We rode up to a French monastery, conducted by the Latin Church, and there we put up for the night. Richardson and I sat at the long dining table with a dozen monks and ate a simple but good meal and drank our share of wine. It was almost impossible to incite these old fellows to speech and our dinner was as silent as a religious retreat. Our bedroom was as well furnished and as comfortable as in an American home.

We made an early start in the morning. We soon came to Samaria, which is now nothing but a small unsanitary village surrounded by a cactus hedge and half in ruins. We reached the summit of a hill and, before us, stretched the Plain of Esdraelon, and the mountains of Tabor and Carmel stood in the distance like huge monuments. There was nothing beautiful about the scene.

Riding along quietly we were startled by the sudden appearance over a hill of two Bedouins on horseback. These men, with their head-dress of white cloth and a double coil of goat's hair, their hard faces and guns over their shoulders, were a treacherous-looking pair. They stared at us, exchanged a few words with our guide and passed on. Many a Christian has been robbed and killed by Bedouins in the vicinity of the River Jordan. Our guide must have told them that we were poor men, for we were never disturbed.

Our stopping place for the second night was a small settlement called Jenin. We obtained accommodations in a tiny hotel. On leaving we had a row with the proprietor who demanded more money than he had agreed upon the evening before. We refused to pay and he followed us for a mile out of the town, wrangling with us over the matter.
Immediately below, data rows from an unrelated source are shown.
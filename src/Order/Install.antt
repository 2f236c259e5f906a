-- ===== src/Order/Install.antt =====
-- An install comes behind its plan, and a rollback behind a failed install.
use nelm_operator.Base.{
  String, ◌≡◌, refl, Bool, true, false, Option, none, some, List, ◌∷◌, Error, wrap,
  is_changes_planned, Bool-cases, inl, inr,
}
use nelm_operator.Api.{Release, Foreign}
use nelm_operator.Artifact.{ChartResult}
use nelm_operator.Options.{InstallOptions, PlanInstallOptions, ResolvedValues}
use nelm_operator.World.{Env, State, Effect, StoredRelease, plan_outcome, ◌>>=◌, ◌>>◌, modify}
use nelm_operator.Controller
use nelm_operator.Controller.{Reconciler}
use nelm_operator.Laws.Keeps.{Keeps, OnTrace, trace_rules, call-cases, check-cases}
use nelm_operator.Laws.Quiet.{emit_event-Keeps}
use nelm_operator.Laws.Quiet.Outcomes.{handle_failure-Keeps, handle_success-Keeps}
use nelm_operator.Laws.Quiet.Inputs.{
  resolve-Keeps, build_plan_install_options-Keeps, build_install_options-Keeps,
  stamp_ownership_marker-Keeps,
}
use nelm_operator.Laws.Quiet.Rollback.{handle_failure-Keeps_any}
use nelm_operator.Order.{
  here, there, found_changes, failed_install, IsOrdered, With, both, With-IsOrdered,
  Quiet-IsOrdered, Quiet-With, Scoped-With,
}

-- A rollback behind a failed install.
rolled :
    (b : Bool) (t : List Effect)
    → With failed_install t
    → With failed_install (Effect.rolled_back b ∷ t)
rolled b t (both o h) = both (there _ t o) (IsOrdered.rolled_back b t o h)

install_failed :
    (t : List Effect) → With found_changes t → With failed_install (Effect.installed false ∷ t)
install_failed t (both o h) = both (here _ t refl) (IsOrdered.installed false t o h)

install_succeeded : (t : List Effect) → With found_changes t → IsOrdered (Effect.installed true ∷ t)
install_succeeded t (both o h) = IsOrdered.installed true t o h

module _ (env : Env) (r : Reconciler) where
  report-Keeps :
      (foreign : Bool) (captured : Option StoredRelease)
      → Keeps (OnTrace IsOrdered) (Controller.report_foreign_change env r foreign captured)
  unfolding Controller.report_foreign_change
  report-Keeps false captured = search trace_rules
  report-Keeps true (some stored) = emit_event-Keeps env r Quiet-IsOrdered _ _
  report-Keeps true none = emit_event-Keeps env r Quiet-IsOrdered _ _

  finish_adoption-Keeps :
      (name namespace : String) (captured : Option StoredRelease) (foreign : Bool)
      → Keeps (OnTrace IsOrdered) (Controller.finish_adoption env r name namespace captured foreign)
  unfolding Controller.finish_adoption
  finish_adoption-Keeps name namespace captured foreign =
      search (trace_rules, Quiet-IsOrdered, emit_event-Keeps env r, handle_success-Keeps env r)

  adopt-Keeps :
      (name namespace : String) (captured : Option StoredRelease) (foreign : Bool)
      → Keeps (OnTrace IsOrdered) (Controller.adopt env r name namespace captured foreign)
  unfolding Controller.adopt
  adopt-Keeps name namespace none foreign = finish_adoption-Keeps name namespace none foreign
  adopt-Keeps name namespace (some stored) foreign =
      search
        (
          trace_rules,
          Quiet-IsOrdered,
          finish_adoption-Keeps,
          handle_failure-Keeps env r,
          stamp_ownership_marker-Keeps env r,
        )
        depth 9

  -- What follows a successful install.
  after_install-Keeps :
      (name namespace : String) (captured : Option StoredRelease) (foreign : Bool)
      (f : Release → Release)
      → Keeps (OnTrace IsOrdered) (do
        Controller.report_foreign_change env r foreign captured
        modify f
        Controller.handle_success env r name namespace none true)
  after_install-Keeps name namespace captured foreign f =
      search (trace_rules, Quiet-IsOrdered, report-Keeps, handle_success-Keeps env r)

  install-IsOrdered :
      (name namespace : String) (artifact : Option Foreign) (options : InstallOptions)
      (captured : Option StoredRelease) (foreign : Bool) (s : State env)
      → With found_changes s.trace
      → IsOrdered
          (Controller.install env r name namespace artifact options captured foreign s).1.trace
  unfolding Controller.install
  install-IsOrdered name namespace artifact options captured foreign =
      call-cases (With found_changes) (With failed_install) IsOrdered IsOrdered Effect.installed _ _
        _ install_failed install_succeeded
        (λ e s h.
          With-IsOrdered
            ((handle_failure-Keeps_any env r (Quiet-With failed_install) (Quiet-With failed_install)
                (Scoped-With env failed_install) rolled true (wrap "install release" e) none
                true).at
              s (record { holds = h })).holds)
        (λ a s h.
          ((after_install-Keeps name namespace captured foreign _).at s
            (record { holds = h })).holds)

  -- With changes found, the options are built by quiet calls, and the install follows.
  planned_install-IsOrdered :
      (name namespace : String) (chart : ChartResult) (dir : String) (resolved : ResolvedValues)
      (captured : Option StoredRelease) (foreign : Bool) (artifact : Option Foreign) (s : State env)
      → With found_changes s.trace
      → IsOrdered
          (Controller.install_changes env r name namespace chart dir resolved captured foreign
            artifact s).1.trace
  unfolding Controller.install_changes
  planned_install-IsOrdered name namespace chart dir resolved captured foreign artifact =
      check-cases (With found_changes) (With found_changes) IsOrdered _ _ _
        (λ s h.
          ((build_install_options-Keeps env r (Quiet-With found_changes) chart.chart_path dir
              resolved).at
            s (record { holds = h })).holds)
        (λ e s h.
          ((handle_failure-Keeps env r Quiet-IsOrdered _ captured false).at s
            (record { holds = With-IsOrdered h })).holds)
        (λ options s h. install-IsOrdered name namespace artifact options captured foreign s h)

  apply_plan-IsOrdered :
      (name namespace : String) (chart : ChartResult) (dir : String) (resolved : ResolvedValues)
      (captured : Option StoredRelease) (foreign : Bool) (plan : Option Foreign × Option Error)
      (s : State env) (t : List Effect)
      → s.trace ≡ Effect.install_planned (plan_outcome plan.1) ∷ t
      → IsOrdered t
      → IsOrdered
          (Controller.apply_plan env r name namespace chart dir resolved captured foreign plan
            s).1.trace
  unfolding Controller.apply_plan
  apply_plan-IsOrdered name namespace chart dir resolved captured foreign (artifact, none) s t q h =
      ((adopt-Keeps name namespace captured foreign).at s
        (record { holds = rw q (IsOrdered.planned _ t h) })).holds
  apply_plan-IsOrdered name namespace chart dir resolved captured foreign (artifact, some e) s t q
        h =
      elim (Bool-cases (is_changes_planned e)) [
        | inl found ↦ rw found (
            planned_install-IsOrdered name namespace chart dir resolved captured foreign artifact s
              (rw (q, found) (both (here _ t refl) (IsOrdered.planned _ t h))))
        | inr broken ↦
            rw broken
              ((handle_failure-Keeps env r Quiet-IsOrdered _ captured false).at s
                (record { holds = rw q (IsOrdered.planned _ t h) })).holds
      ]

  plan_and_apply-Keeps :
      (name namespace : String) (chart : ChartResult) (dir : String) (resolved : ResolvedValues)
      (captured : Option StoredRelease) (foreign : Bool) (options : PlanInstallOptions)
      → Keeps (OnTrace IsOrdered) (do
        plan ← Controller.plan_install env r name namespace options
        Controller.apply_plan env r name namespace chart dir resolved captured foreign plan)
  unfolding ◌>>=◌ Controller.plan_install
  plan_and_apply-Keeps name namespace chart dir resolved captured foreign options = record {
    at = λ s h. record {
      holds =
          apply_plan-IsOrdered name namespace chart dir resolved captured foreign _ _ s.trace refl
            h.holds;
    };
  }

  -- The install path keeps the order.
  pub reconcile_install-Keeps :
      (chart : ChartResult) (dir : String) (captured : Option StoredRelease) (foreign : Bool)
      → Keeps (OnTrace IsOrdered) (Controller.reconcile_install env r chart dir captured foreign)
  unfolding Controller.reconcile_install
  reconcile_install-Keeps chart dir captured foreign =
      search
        (
          trace_rules,
          Quiet-IsOrdered,
          handle_failure-Keeps env r,
          resolve-Keeps env,
          build_plan_install_options-Keeps env r,
          plan_and_apply-Keeps,
        )
        depth 12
We spent the morning crawling across the Plain of Esdraelon and, about noon, began ascending the hill to Nazareth. It was a long winding climb over a road which had never seen a grader. Nazareth is situated on a sort of plateau. It is a town of about ten thousand people and has several substantial school buildings and hospitals erected by various churches. Here are found many places venerated for their Biblical associations. The Church of the Annunciation is supposed to be erected on the site of Mary's house and the scene of the annunciation. In the Moslem quarter of the town the Latin Church has possession of the "Workshop of Joseph" and the "Table of Christ" upon which he dined with his disciples before and after the resurrection. The Mount of Precipitation, where the people sought to cast Christ down, is plainly visible from Nazareth and on its summit is a Latin church.

We left Nazareth at four o'clock in the morning. We recrossed the Plain of Esdraelon and arrived at Afuleh where we missed our train—the only one that day—for Damascus. Turkish trains run on peculiar schedules. This train is supposed to leave Haifa for Damascus each day at sun rise. Occasionally the conductor—or some one—decides to start an hour or more earlier. This is done without any notice to the public. Such was evidently the case on the morning we tried to catch the train, for we arrived on time at Afuleh only to find that we were too late.

We dismissed our guide, who returned to Jerusalem with the two horses and pack-mule. It looked as though we were doomed to spend a day and a night at Afuleh, a station and a native shop—and nothing more. A Syrian lace merchant and a young New York Jew, a commercial traveller, were also left behind. We telegraphed the director of the railroad and obtained his permission to go by freight train to Damascus. We declined this route, however, when the freight conductor consigned us to an open car exposed to a steady down-pour of rain.